Traditional large-scale Ethernet fabrics rely heavily on dynamic routing convergence mechanisms, which introduce significant software complexity and operational risk.

Instead, MRC adopts SRv6 source routing.

How SRv6 Works in MRC
#

With SRv6:

The sender embeds the complete forwarding path into the packet itself
Switches simply forward packets according to static routing rules
No dynamic route recalculation is required during failures

When a packet reaches a switch:

The switch checks whether its identifier appears in the route list
It removes its own identifier
The next-hop identifier becomes active
The packet continues using static forwarding tables

This significantly simplifies switch behavior and eliminates entire classes of routing instability.

If a path fails, MRC simply stops selecting it without requiring network-wide convergence events.

🏭 Industry Collaboration Behind MRC
#

The MRC ecosystem represents a rare collaboration between major AI infrastructure vendors.

NVIDIA
#

NVIDIA validated and optimized MRC on its Spectrum-X Ethernet platform.

The company highlighted MRC’s microsecond-scale failure bypass capabilities as critical for synchronized GPU training environments.

AMD
#

AMD contributed congestion control technologies and previously developed a pre-standard enhanced RoCEv2 transport implementation that evolved into MRC.

AMD also confirmed support for MRC on its 400G and upcoming Pensando Vulcano 800G AI NICs.

Broadcom
#

Broadcom integrated MRC support into its Thor Ultra 800Gbps Ethernet platform.

Its programmable data path architecture supports:

Advanced congestion control
Reliable transmission
Adaptive load balancing
Multi-plane traffic management

Intel
#

Intel stated that MRC enables ultra-large-scale Ethernet cluster deployment while reducing:

Switch hierarchy depth
Power consumption
Operational complexity

📈 Why MRC Matters for Future AI Infrastructure
#

As frontier AI models continue scaling, network efficiency is rapidly becoming the defining factor in usable compute performance.
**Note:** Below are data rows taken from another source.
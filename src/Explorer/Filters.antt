-- ===== src/Explorer/Filters.antt =====
-- explorerapi/server.go: the page, the filters and the cursors that a request asks for.
use trail.Prelude.{
  Bool, not, ◌&&◌, ◌||◌, Option, none, some, [], Text, codes, text_eq, is_empty, if◌then◌else◌,
}
use trail.Prelude.Int.{ℤ, pos, ltb_ℤ}
use trail.Event.{Level, Scope, level_debug, level_info, level_warn, level_error, is_zero_scope}
use trail.Payload.{Time, zero_time, is_zero_time}
use trail.Storage.Normalize.{parse_if_set}
use trail.Storage.Query.{
  Cursor, PageRequest, TimeRange, FlowFilter, ExecutionFilter, EntityFilter, EventFilter,
  OverviewFilter, OverviewActivityFilter, activity_hour, activity_day,
}
use trail.Explorer.{Request, Web}
use trail.Explorer.Base64.{decode_base64, encode_base64}
use trail.Explorer.Parse.{Parsed, number, out_of_range, wrong_syntax, atoi, value_of, parse_bool}

-- A value, or the message of a response 400.
pub data Asked (A : Type 0) : Type 0 where
  ask : A → Asked A
  wrong : Text → Asked A

-- `q.Get(name)`
abbrev pub get : Request → Text → Text
get r name = r.query name

abbrev no_cursor : Cursor
no_cursor = record { timestamp = zero_time; id = [] }

abbrev pub cursor_message : Text
cursor_message = codes "trail/storage: invalid cursor"

abbrev pub limit_message : Text
limit_message = codes "limit must be between 1 and 500"

-- An integer of the query, 0 where it has none or it is wrong.
abbrev get_int : Request → Text → ℤ
get_int r name = if is_empty (get r name) then pos 0 else value_of (atoi (get r name))

module _ (web : Web) where
  abbrev from_json : Option Text → Asked Cursor
  from_json none = wrong cursor_message
  from_json (some bytes) = elim (web.decode_cursor_json bytes) [
    | none ↦ wrong cursor_message
    | some c ↦ ask c
  ]

  unfoldable pub decode_cursor : Text → Asked Cursor
  decode_cursor raw = if is_empty raw then ask no_cursor else from_json (decode_base64 raw)

  unfoldable pub encode_cursor : Cursor → Text
  encode_cursor c = if is_empty c.id then [] else encode_base64 (web.encode_cursor_json c)

  unfoldable pub page_limit : Parsed → Option ℤ
  page_limit (number n) = if ltb_ℤ n (pos 1) || ltb_ℤ (pos 500) n then none else some n
  page_limit (out_of_range n) = none
  page_limit wrong_syntax = none

  abbrev pub asked_limit : Request → Option ℤ
  asked_limit r =
      if is_empty (get r (codes "limit"))
      then some (pos 100)
      else page_limit (atoi (get r (codes "limit")))

  unfoldable pub page_at : Option ℤ → Asked Cursor → Bool → Asked PageRequest
  page_at none c desc = wrong limit_message
  page_at (some limit) (wrong message) desc = wrong message
  page_at (some limit) (ask c) desc = ask (record { limit = limit; cursor = c; desc = desc })

  unfoldable pub page_request : Request → Asked PageRequest
  page_request r =
      page_at (asked_limit r) (decode_cursor (get r (codes "cursor")))
        (not (text_eq (get r (codes "order")) (codes "asc")))

  abbrev time_or_zero : Option Time → Time
  time_or_zero none = zero_time
  time_or_zero (some t) = t

  unfoldable pub time_range : Request → TimeRange
  time_range r = record {
    from = time_or_zero (web.parse_time (get r (codes "from")));
    to = time_or_zero (web.parse_time (get r (codes "to")));
  }

  unfoldable pub scope_filter : Request → Scope
  scope_filter r = record { type = get r (codes "scope_type"); id = get r (codes "scope_id") }

  unfoldable pub overview_filter : Request → OverviewFilter
  overview_filter r = record {
    time = time_range r;
    service = get r (codes "service");
    environment = get r (codes "environment");
    scope = scope_filter r;
  }

  abbrev interval_of : Text → Text
  interval_of raw = if is_empty raw then activity_day else raw

  unfoldable pub overview_activity_filter : Request → Asked OverviewActivityFilter
  overview_activity_filter r =
      let base = overview_filter r in
      let interval = interval_of (get r (codes "interval")) in
      if not (is_zero_time base.time.from)
        && not (is_zero_time base.time.to)
        && not (ltb_ℤ base.time.from base.time.to)
      then wrong (codes "from must be before to")
      else if not (text_eq interval activity_hour) && not (text_eq interval activity_day)
      then wrong (codes "interval must be hour or day")
      else ask (record { overview = base; interval = interval })

  unfoldable pub flow_filter : Request → FlowFilter
  flow_filter r = record {
    time = time_range r;
    service = get r (codes "service");
    environment = get r (codes "environment");
    status = get r (codes "status");
    entity_type = get r (codes "entity_type");
    entity_id = get r (codes "entity_id");
    execution_id = parse_if_set (get r (codes "execution_id"));
    scope = scope_filter r;
  }

  unfoldable pub execution_filter : Request → ExecutionFilter
  execution_filter r = record {
    time = time_range r;
    service = get r (codes "service");
    environment = get r (codes "environment");
    status = get r (codes "status");
    source = get r (codes "source");
    kind = get r (codes "kind");
    scope = scope_filter r;
  }

  unfoldable pub entity_filter : Request → EntityFilter
  entity_filter r = record {
    time = time_range r;
    service = get r (codes "service");
    environment = get r (codes "environment");
    entity_type = get r (codes "entity_type");
    id_prefix = get r (codes "q");
    scope = scope_filter r;
  }

  unfoldable pub parse_level : Text → Level
  parse_level s =
      if text_eq s (codes "debug")
      then level_debug
      else if text_eq s (codes "warn")
      then level_warn
      else if text_eq s (codes "error")
      then level_error
      else level_info

  unfoldable pub event_filter : Request → EventFilter
  event_filter r = record {
    time = time_range r;
    service = get r (codes "service");
    environment = get r (codes "environment");
    kind = get r (codes "kind");
    level =
        if is_empty (get r (codes "level"))
        then none
        else some (parse_level (get r (codes "level")));
    http_status_class = get_int r (codes "http_status_class");
    http_method = get r (codes "http_method");
    http_status = get_int r (codes "http_status");
    provider = get r (codes "provider");
    has_error =
        if is_empty (get r (codes "has_error"))
        then none
        else parse_bool (get r (codes "has_error"));
    flow_id = parse_if_set (get r (codes "flow_id"));
    execution_id = parse_if_set (get r (codes "execution_id"));
    entity_type = get r (codes "entity_type");
    entity_id = get r (codes "entity_id");
    scope = scope_filter r;
  }

-- `scopeAllowed`
unfoldable pub scope_allowed : Scope → Scope → Bool
scope_allowed requested actual =
    is_zero_scope requested || text_eq requested.type actual.type && text_eq requested.id actual.id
GPU count alone no longer guarantees faster training.

The real challenge is ensuring that tens of thousands of accelerators remain synchronized despite:

Hardware failures
Congestion events
Maintenance operations
Traffic imbalance
Routing instability

MRC directly targets these limitations.

By combining:

Multi-plane networking
Parallel path utilization
Hardware-based fault bypass
Packet scattering
SRv6 source routing
Simplified control planes

the protocol dramatically improves resilience and GPU utilization in ultra-large AI clusters.

🔍 Conclusion
#

MRC represents a significant evolution in Ethernet-based AI networking.

Rather than treating failures as rare edge cases, the protocol assumes large-scale clusters will constantly experience congestion, packet loss, and hardware disruptions. Its architecture is designed to absorb these events without interrupting synchronized training workloads.

For hyperscale AI infrastructure, this shift is critical.

The collaboration between OpenAI, NVIDIA, AMD, Intel, and Broadcom also signals a broader industry trend: networking efficiency is becoming one of the most important competitive battlegrounds in AI supercomputing.

As training clusters push toward hundreds of thousands of GPUs, protocols like MRC may become foundational technologies enabling the next generation of frontier AI systems.